# Back splash tile cutter



## rtnscustom (May 13, 2017)

I have a 28 inch slide cutter by Rubi now that I use for everything and it is a great cutter. But I hate setting it up in a kitchen for tiny back splash tiles or subway tile. Anyone have a high quality smaller slide cutter that works good for smaller tile? 
Thanks in advance! 

Sent from my Z956 using Tapatalk


----------



## MarkJames (Nov 25, 2012)

Take a look at the sigma pull style cutters.


----------



## WBCarpentry (Jun 19, 2015)

rtnscustom said:


> I have a 28 inch slide cutter by Rubi now that I use for everything and it is a great cutter. But I hate setting it up in a kitchen for tiny back splash tiles or subway tile. Anyone have a high quality smaller slide cutter that works good for smaller tile?
> Thanks in advance!
> 
> Sent from my Z956 using Tapatalk




I've been looking at these but haven't pulled the trigger yet.

http://www.contractorsdirect.com/Superior-Tile-Cutter


Sent from my iPad using Tapatalk


----------



## rtnscustom (May 13, 2017)

I did cut my teeth on an old superior. Not a bad idea. 

Sent from my Z956 using Tapatalk


----------



## Philament (Dec 9, 2014)

What a coincidence, I was doing some work on my friend's house (retired journeyman carpenter) the other week and he asked me to do some subway tiles. Pulled out his ~30 year old Superior tile snapper and it cut like a dream. Something about the base form factor and ergonomics just makes it really nice and stable. I'm no tile guy, but I have used sigma, montolit, and rubi cutters, but that little Superior is my favourite for small tiles. The one I was using is in the second picture linked above, #2A-10


----------



## TaylorMadeAB (Nov 11, 2014)

I have the smallest Sigma cutter for backsplashes, it works great.


Sent from my iPhone using Tapatalk


----------



## rtnscustom (May 13, 2017)

The six inch? 

Sent from my Z956 using Tapatalk


----------



## charimon (Nov 24, 2008)

I have a small Sigma cutter i think it is a 14 in


----------



## illbuildit.dd (Jan 7, 2015)

What's the deal with guys who want to set up a 9000 pound wet saw for jobs like that? Anyone else know guys like that?


----------



## asevereid (Jan 30, 2012)

illbuildit.dd said:


> What's the deal with guys who want to set up a 9000 pound wet saw for jobs like that? Anyone else know guys like that?


I had to do that for a company I worked for a few years back... No other option than the Dewalt wet saw for 4 edge cuts, and 4 outlet cuts on a galley kitchen backsplash.


----------



## rtnscustom (May 13, 2017)

I know, i went a time where i only had a side grinder (like 9 months) and i got used to bite seeing up my old 110 pound target wet saw. I definitely only set that sucker up for jobs over 7-800 feet. 

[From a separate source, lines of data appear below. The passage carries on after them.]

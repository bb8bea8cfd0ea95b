-- ===== src/Db/Numbering.antt =====
-- src/db.rs: the numbering of the stake changes of a subnet, which the source requires to match
-- the one of the IPC contract.
use bitcoin_ipc.Prelude.{subst, sym, subst₂, ap, ◌∙◌, ℕ, ◌+◌, ◌≡◌, some, arith}
use bitcoin_ipc.Types.{SubnetId}
use bitcoin_ipc.Table.{put, IsDense, put-IsDense, get-put}
use bitcoin_ipc.Committee.{SubnetCommittee}
use bitcoin_ipc.Subnet.{SubnetState, latest_committee}
use bitcoin_ipc.Records.{StakeChangeRequest}
use bitcoin_ipc.Db.{Db, get_subnet_state, save_subnet_state}
use bitcoin_ipc.Db.StakeChanges.{get_next_stake_change_configuration_number, add_stake_change}

pub record IsNumbered (db : Db) (id : SubnetId) (s : SubnetState) : Type 0 where
  pub stored : get_subnet_state db id ≡ some s
  pub dense : IsDense 1 (latest_committee s).configuration_number (db.stake_changes id)

-- The next number is one past the number of the latest committee.
pub next_number :
    (db : Db) (id : SubnetId) (s : SubnetState)
    → IsNumbered db id s
    → get_next_stake_change_configuration_number db id
      ≡ 1 + (latest_committee s).configuration_number
unfolding get_next_stake_change_configuration_number
next_number db id s h = let sized = h.dense.sized in ground arith

module _ (db : Db) (id : SubnetId) (s' : SubnetState) (c : StakeChangeRequest) where
  stored-add_stake_change :
      get_subnet_state (add_stake_change (save_subnet_state db id s') id c) id ≡ some s'
  unfolding get_subnet_state add_stake_change save_subnet_state
  stored-add_stake_change = ground (arith, get-put id id s' db.subnets)

  changes-add_stake_change :
      (add_stake_change (save_subnet_state db id s') id c).stake_changes id
      ≡ put c.configuration_number c (db.stake_changes id)
  unfolding add_stake_change save_subnet_state
  changes-add_stake_change = ground arith

  -- A change with the next number, beside a state whose latest committee has that number.
  pub add_stake_change-IsNumbered :
      (n : ℕ)
      → IsDense 1 n (db.stake_changes id)
      → c.configuration_number ≡ 1 + n
      → (latest_committee s').configuration_number ≡ n + 1
      → IsNumbered (add_stake_change (save_subnet_state db id s') id c) id s'
  add_stake_change-IsNumbered n dense number latest = record {
    stored = stored-add_stake_change;
    dense =
        subst₂ (λ k t. IsDense 1 k t) (sym latest) (sym changes-add_stake_change)
          (subst (λ k. IsDense 1 (n + 1) (put k c (db.stake_changes id))) (sym number)
            (put-IsDense 1 n c (db.stake_changes id) dense));
  }

-- The state and the stake change that a change of one validator writes.
pub saved-IsNumbered :
    {db db' : Db} {id : SubnetId} {s s₁ : SubnetState} (c : StakeChangeRequest)
    (next : SubnetCommittee)
    → IsNumbered db id s
    → next.configuration_number ≡ (latest_committee s₁).configuration_number + 1
    → s₁ ≡ s
    → add_stake_change (save_subnet_state db id (record s₁ { waiting_committee = some next })) id c
      ≡ db'
    → c.configuration_number ≡ get_next_stake_change_configuration_number db id
    → (s' : SubnetState) × IsNumbered db' id s'
      × ((latest_committee s').configuration_number ≡ (latest_committee s).configuration_number + 1)
unfolding latest_committee
saved-IsNumbered {db} {db'} {id} {s} {s₁} c next h step same saved number =
    let n = (latest_committee s).configuration_number in
    let latest : next.configuration_number ≡ n + 1 =
      step ∙ ap (λ k. (latest_committee k).configuration_number + 1) same in
    (
      record s₁ { waiting_committee = some next },
      subst (λ d. IsNumbered d id (record s₁ { waiting_committee = some next })) saved
          (add_stake_change-IsNumbered db id _ c n h.dense (number ∙ next_number db id s h) latest),
      latest,
    )
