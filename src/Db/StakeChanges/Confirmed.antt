-- ===== src/Db/StakeChanges/Confirmed.antt =====
-- src/db.rs: what `confirm_stake_changes` makes of the stake changes of a subnet.
use mathlib.Core.Option.{map}
use bitcoin_ipc.Prelude.{ℕ, ◌≡◌, refl, ◌∙◌, Option, none, some, [], ◌∷◌, arith, ltb, if◌then◌else◌}
use bitcoin_ipc.Types.{SubnetId, BlockHash}
use bitcoin_ipc.Table.{Table, get, values, get-put}
use bitcoin_ipc.Records.{StakeChangeRequest}
use bitcoin_ipc.Db.{Db}
use bitcoin_ipc.Db.StakeChanges.{
  get_stake_change, get_all_stake_changes, to_confirm, confirmed, Confirmation, confirm_each,
  confirm_stake_changes,
}

-- Each change is stored once, under its configuration number.
abbrev pub IsKeyed : Table StakeChangeRequest → Type 0
IsKeyed [] = Unit
IsKeyed ((j, c) ∷ t) = (c.configuration_number ≡ j) × (get j t ≡ none) × IsKeyed t

module _ (max_number height : ℕ) (hash : BlockHash) where
  -- The change as the checkpoint leaves it, by the height of the checkpoint that confirmed it
  -- before, if one did: one that is confirmed stays, and so does one with a later number; any other
  -- gets the height and the hash, and keeps the rest.
  abbrev pub stamped : Option ℕ → StakeChangeRequest → StakeChangeRequest
  stamped (some before) c = c
  stamped none c =
      if ltb max_number c.configuration_number
      then c
      else record c { checkpoint_block_height = some height; checkpoint_block_hash = some hash }

  abbrev pub after_checkpoint : StakeChangeRequest → StakeChangeRequest
  after_checkpoint c = stamped c.checkpoint_block_height c

  -- What one number holds after the changes `found` were gone through, where it held `old`.
  abbrev pub settle :
      Option StakeChangeRequest → Option StakeChangeRequest → Option StakeChangeRequest
  settle none old = old
  settle (some c) old = if to_confirm max_number c then some (confirmed height hash c) else old

  get-confirm_each :
      (t : Table StakeChangeRequest) (acc : Confirmation) (k : ℕ)
      → IsKeyed t
      → get k (confirm_each max_number height hash (values t) acc).table
        ≡ settle (get k t) (get k acc.table)
  unfolding get values confirm_each
  get-confirm_each [] acc k h = refl
  get-confirm_each ((j, c) ∷ t) acc k (same, fresh, h) =
      get-confirm_each t _ k h
      ∙ ground (arith, get-put c.configuration_number k (confirmed height hash c) acc.table)

  stamped-settle :
      (before : Option ℕ) (c : StakeChangeRequest)
      → before ≡ c.checkpoint_block_height
      → (if to_confirm max_number c then some (confirmed height hash c) else some c)
        ≡ some (stamped before c)
  stamped-settle none c same = ground arith
  stamped-settle (some h) c same = ground arith

  settled : (found : Option StakeChangeRequest) → settle found found ≡ map after_checkpoint found
  settled none = refl
  settled (some c) = stamped-settle c.checkpoint_block_height c refl

-- Where each change is stored once, under its number, confirming up to a number gives the height
-- and the hash to exactly the changes with a number up to it that no checkpoint confirmed before,
-- and leaves the rest of them, every other change and every other number as they are.
pub confirm_stake_changes_lem :
    (db : Db) (id : SubnetId) (max_number height : ℕ) (hash : BlockHash) (number : ℕ)
    → IsKeyed (db.stake_changes id)
    → get_stake_change (confirm_stake_changes db id max_number height hash).0 id number
      ≡ map (after_checkpoint max_number height hash) (get_stake_change db id number)
unfolding get_stake_change confirm_stake_changes get_all_stake_changes
confirm_stake_changes_lem db id max_number height hash number h =
    let each =
      get-confirm_each max_number height hash (db.stake_changes id)
        (record { table = db.stake_changes id; last_confirmed = none; confirmed_changes = [] })
        number h in
    let all = settled max_number height hash (get number (db.stake_changes id)) in
    ground (arith, each, all)
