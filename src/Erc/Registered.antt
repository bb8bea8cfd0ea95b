-- ===== src/Erc/Registered.antt =====
-- src/ipc_lib.rs: the check that a registration is of a new token.
use bitcoin_ipc.Prelude.{◌≡◌, refl, none, [], ◌∷◌, arith, ◌==◌, if◌then◌else◌}
use bitcoin_ipc.Result.{ok}
use bitcoin_ipc.Types.{SubnetId}
use bitcoin_ipc.Records.{IpcErcTokenRegistration}
use bitcoin_ipc.Db.{Db, get_token_balance, get_all_subnets}
use bitcoin_ipc.Erc.{
  Balances, set_balance, check_registration, check_registrations, check_mints, check_burns,
  check_transfers, validate_erc_batch_data,
}
use bitcoin_ipc.Erc.Apply.{
  BlockStamp, apply_registrations, apply_mints, apply_burns, apply_transfers, apply_erc_batch,
}
use bitcoin_ipc.Erc.Ledger.{get-apply_registration}

module _ (db : Db) (source : SubnetId) (b : BlockStamp) (etr : IpcErcTokenRegistration) where
  -- A registration passes the check whenever the home subnet holds nothing of the token, even if
  -- other subnets do; writing it gives the home subnet the initial supply on top of what the
  -- others keep.
  pub registers_again :
      get_token_balance db source etr.home_token_address source ≡ 0
      → (fb : Balances) × (db' : Db) × (validate_erc_batch_data db source (etr ∷ []) [] [] ≡ ok fb)
        × (apply_erc_batch source b (etr ∷ []) [] [] db ≡ ok db')
        × ((holder : SubnetId)
            → get_token_balance db' source etr.home_token_address holder ≡ (
                if holder == source
                then etr.initial_supply
                else get_token_balance db source etr.home_token_address holder))
  unfolding validate_erc_batch_data check_registrations check_registration check_mints check_burns
      check_transfers apply_erc_batch apply_registrations apply_mints apply_burns apply_transfers
  registers_again gone = (
    set_balance (λ home token. none) source etr.home_token_address etr.initial_supply,
    apply_registrations source b (get_all_subnets db) (etr ∷ []) db,
    ground arith,
    refl,
    λ holder. ground (
      arith,
      get-apply_registration source etr.home_token_address holder source b (get_all_subnets db) etr
          db,
    ),
  )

Sent from my Z956 using Tapatalk


----------



## gowings (Nov 10, 2013)

What are you using to cut glass tile back splash. Seems 2 out of 3 I do are glass.


----------



## TaylorMadeAB (Nov 11, 2014)

rtnscustom said:


> The six inch?
> 
> Sent from my Z956 using Tapatalk




I believe it cuts up to 12", just barely though. 


Sent from my iPhone using Tapatalk


----------



## rtnscustom (May 13, 2017)

gowings said:


> What are you using to cut glass tile back splash. Seems 2 out of 3 I do are glass.


I have a table top wet saw with a glass blade on it. What do you use? Because i hate that thing! 

Sent from my Z956 using Tapatalk


----------



## rtnscustom (May 13, 2017)

TaylorMadeAB said:


> I believe it cuts up to 12", just barely though.
> 
> 
> Sent from my iPhone using Tapatalk


That dude's like $300. I can't make myself. Are they really as good as they say? 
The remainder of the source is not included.